BEGIN INFORMATION GIVEN
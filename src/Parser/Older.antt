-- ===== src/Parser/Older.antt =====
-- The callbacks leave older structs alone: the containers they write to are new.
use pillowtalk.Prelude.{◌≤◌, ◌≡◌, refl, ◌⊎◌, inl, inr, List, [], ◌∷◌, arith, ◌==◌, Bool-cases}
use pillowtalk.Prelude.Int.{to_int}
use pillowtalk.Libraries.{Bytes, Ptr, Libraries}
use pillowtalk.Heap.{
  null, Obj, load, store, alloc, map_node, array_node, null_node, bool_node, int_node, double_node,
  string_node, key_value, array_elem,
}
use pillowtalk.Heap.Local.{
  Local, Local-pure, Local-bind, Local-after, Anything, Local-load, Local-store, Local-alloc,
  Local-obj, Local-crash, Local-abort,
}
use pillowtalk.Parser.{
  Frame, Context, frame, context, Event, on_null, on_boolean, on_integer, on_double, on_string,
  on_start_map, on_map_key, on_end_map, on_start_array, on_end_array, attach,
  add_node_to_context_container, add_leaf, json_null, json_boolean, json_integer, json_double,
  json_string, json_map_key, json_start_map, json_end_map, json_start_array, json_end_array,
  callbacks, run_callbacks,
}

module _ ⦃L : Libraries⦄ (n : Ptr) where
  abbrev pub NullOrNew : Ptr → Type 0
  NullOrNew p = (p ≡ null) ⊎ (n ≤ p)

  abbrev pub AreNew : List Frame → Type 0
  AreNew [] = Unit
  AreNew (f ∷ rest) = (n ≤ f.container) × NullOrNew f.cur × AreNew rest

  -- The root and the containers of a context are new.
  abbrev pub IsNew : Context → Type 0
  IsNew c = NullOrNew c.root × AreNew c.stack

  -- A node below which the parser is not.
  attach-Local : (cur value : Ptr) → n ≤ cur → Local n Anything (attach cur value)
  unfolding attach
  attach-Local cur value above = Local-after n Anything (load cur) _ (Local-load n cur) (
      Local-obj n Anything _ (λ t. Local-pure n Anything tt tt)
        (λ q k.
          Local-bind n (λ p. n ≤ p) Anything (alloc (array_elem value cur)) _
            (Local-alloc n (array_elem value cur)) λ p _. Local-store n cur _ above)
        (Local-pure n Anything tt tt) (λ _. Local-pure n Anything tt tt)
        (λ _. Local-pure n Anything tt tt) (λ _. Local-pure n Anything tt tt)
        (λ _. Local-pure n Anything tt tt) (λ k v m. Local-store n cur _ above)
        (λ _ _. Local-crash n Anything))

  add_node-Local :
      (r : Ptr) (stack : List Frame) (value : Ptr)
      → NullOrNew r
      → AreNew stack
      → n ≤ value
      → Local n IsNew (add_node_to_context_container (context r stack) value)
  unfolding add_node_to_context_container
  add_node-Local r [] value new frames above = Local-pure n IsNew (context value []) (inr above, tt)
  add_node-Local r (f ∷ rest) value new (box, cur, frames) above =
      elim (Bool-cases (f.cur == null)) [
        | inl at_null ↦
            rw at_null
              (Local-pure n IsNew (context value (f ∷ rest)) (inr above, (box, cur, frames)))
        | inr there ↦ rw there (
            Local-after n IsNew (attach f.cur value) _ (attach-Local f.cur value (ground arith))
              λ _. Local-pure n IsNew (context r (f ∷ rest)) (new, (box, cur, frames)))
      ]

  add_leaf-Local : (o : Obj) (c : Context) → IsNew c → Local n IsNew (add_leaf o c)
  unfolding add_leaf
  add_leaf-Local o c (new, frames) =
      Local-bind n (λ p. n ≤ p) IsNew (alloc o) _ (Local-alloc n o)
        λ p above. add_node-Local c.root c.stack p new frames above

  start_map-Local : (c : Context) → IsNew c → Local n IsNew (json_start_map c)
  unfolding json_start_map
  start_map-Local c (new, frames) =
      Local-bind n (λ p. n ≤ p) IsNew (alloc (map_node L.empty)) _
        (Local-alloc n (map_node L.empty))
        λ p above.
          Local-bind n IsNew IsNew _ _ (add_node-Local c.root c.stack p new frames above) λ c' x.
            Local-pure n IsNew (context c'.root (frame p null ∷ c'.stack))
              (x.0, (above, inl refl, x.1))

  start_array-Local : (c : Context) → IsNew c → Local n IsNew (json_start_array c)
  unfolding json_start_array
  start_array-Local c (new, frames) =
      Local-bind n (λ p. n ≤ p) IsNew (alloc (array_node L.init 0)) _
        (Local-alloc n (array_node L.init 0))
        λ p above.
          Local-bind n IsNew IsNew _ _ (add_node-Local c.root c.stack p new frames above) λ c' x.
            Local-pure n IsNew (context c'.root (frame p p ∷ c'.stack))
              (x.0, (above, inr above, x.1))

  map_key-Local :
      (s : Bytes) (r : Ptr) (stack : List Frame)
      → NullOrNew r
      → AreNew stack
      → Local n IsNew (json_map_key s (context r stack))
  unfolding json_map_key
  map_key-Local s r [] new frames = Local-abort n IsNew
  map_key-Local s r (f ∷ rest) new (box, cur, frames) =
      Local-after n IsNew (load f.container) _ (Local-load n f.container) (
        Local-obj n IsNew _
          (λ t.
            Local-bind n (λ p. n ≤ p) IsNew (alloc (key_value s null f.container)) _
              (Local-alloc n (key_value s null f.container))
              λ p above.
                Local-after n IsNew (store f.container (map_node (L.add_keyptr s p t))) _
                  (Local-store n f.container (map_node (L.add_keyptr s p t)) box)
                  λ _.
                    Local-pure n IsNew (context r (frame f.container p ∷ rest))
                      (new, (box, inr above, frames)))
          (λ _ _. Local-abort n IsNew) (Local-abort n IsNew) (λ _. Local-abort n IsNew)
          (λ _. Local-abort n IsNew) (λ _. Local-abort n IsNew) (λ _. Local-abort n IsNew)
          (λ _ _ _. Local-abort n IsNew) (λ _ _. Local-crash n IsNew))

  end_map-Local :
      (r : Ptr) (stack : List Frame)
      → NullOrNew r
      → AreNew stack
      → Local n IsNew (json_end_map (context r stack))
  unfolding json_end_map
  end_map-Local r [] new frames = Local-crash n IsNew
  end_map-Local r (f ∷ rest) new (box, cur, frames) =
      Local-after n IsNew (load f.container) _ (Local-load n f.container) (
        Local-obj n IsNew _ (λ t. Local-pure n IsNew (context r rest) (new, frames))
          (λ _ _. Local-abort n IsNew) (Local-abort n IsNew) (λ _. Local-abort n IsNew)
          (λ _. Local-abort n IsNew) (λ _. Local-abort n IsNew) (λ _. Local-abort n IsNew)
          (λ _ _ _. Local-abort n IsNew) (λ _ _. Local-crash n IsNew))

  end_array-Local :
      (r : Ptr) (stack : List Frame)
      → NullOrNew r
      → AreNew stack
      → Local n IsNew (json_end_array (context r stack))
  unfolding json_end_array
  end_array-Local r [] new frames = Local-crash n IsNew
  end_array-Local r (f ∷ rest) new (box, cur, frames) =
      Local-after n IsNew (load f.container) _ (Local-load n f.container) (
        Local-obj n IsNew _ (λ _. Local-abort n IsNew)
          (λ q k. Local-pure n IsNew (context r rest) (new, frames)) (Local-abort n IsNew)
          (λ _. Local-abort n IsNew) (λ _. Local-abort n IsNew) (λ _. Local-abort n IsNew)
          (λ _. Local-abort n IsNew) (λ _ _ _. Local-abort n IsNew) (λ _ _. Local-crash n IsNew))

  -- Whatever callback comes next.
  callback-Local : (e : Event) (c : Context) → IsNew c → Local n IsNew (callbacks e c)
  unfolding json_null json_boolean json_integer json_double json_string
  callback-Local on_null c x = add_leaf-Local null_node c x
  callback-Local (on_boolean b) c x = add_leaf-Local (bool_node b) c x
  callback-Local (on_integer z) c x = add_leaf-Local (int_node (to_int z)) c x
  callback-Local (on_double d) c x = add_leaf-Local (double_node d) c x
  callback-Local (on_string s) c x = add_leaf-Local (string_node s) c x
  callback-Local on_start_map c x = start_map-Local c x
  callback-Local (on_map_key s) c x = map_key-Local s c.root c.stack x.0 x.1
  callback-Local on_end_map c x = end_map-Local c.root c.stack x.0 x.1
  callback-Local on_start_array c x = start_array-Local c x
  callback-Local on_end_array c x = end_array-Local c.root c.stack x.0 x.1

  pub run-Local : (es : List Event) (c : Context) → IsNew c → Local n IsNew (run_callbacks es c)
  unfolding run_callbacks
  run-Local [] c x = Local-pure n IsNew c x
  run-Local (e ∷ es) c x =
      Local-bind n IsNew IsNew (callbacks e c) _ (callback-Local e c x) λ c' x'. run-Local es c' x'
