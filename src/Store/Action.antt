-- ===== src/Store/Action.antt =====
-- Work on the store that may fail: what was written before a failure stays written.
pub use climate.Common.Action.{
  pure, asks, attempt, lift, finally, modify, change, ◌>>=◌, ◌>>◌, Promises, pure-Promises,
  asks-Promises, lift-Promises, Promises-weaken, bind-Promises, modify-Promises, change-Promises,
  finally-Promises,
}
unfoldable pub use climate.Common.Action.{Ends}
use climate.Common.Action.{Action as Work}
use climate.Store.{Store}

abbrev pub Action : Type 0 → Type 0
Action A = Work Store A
END INFORMATION GIVEN
## [TASK STATEMENT]
Search the records for the word "change". Copy each line where it appears.

## [RESPONSE AREA]
  pure, asks, attempt, lift, finally, modify, change, ◌>>=◌, ◌>>◌, Promises, pure-Promises,
  asks-Promises, lift-Promises, Promises-weaken, bind-Promises, modify-Promises, change-Promises,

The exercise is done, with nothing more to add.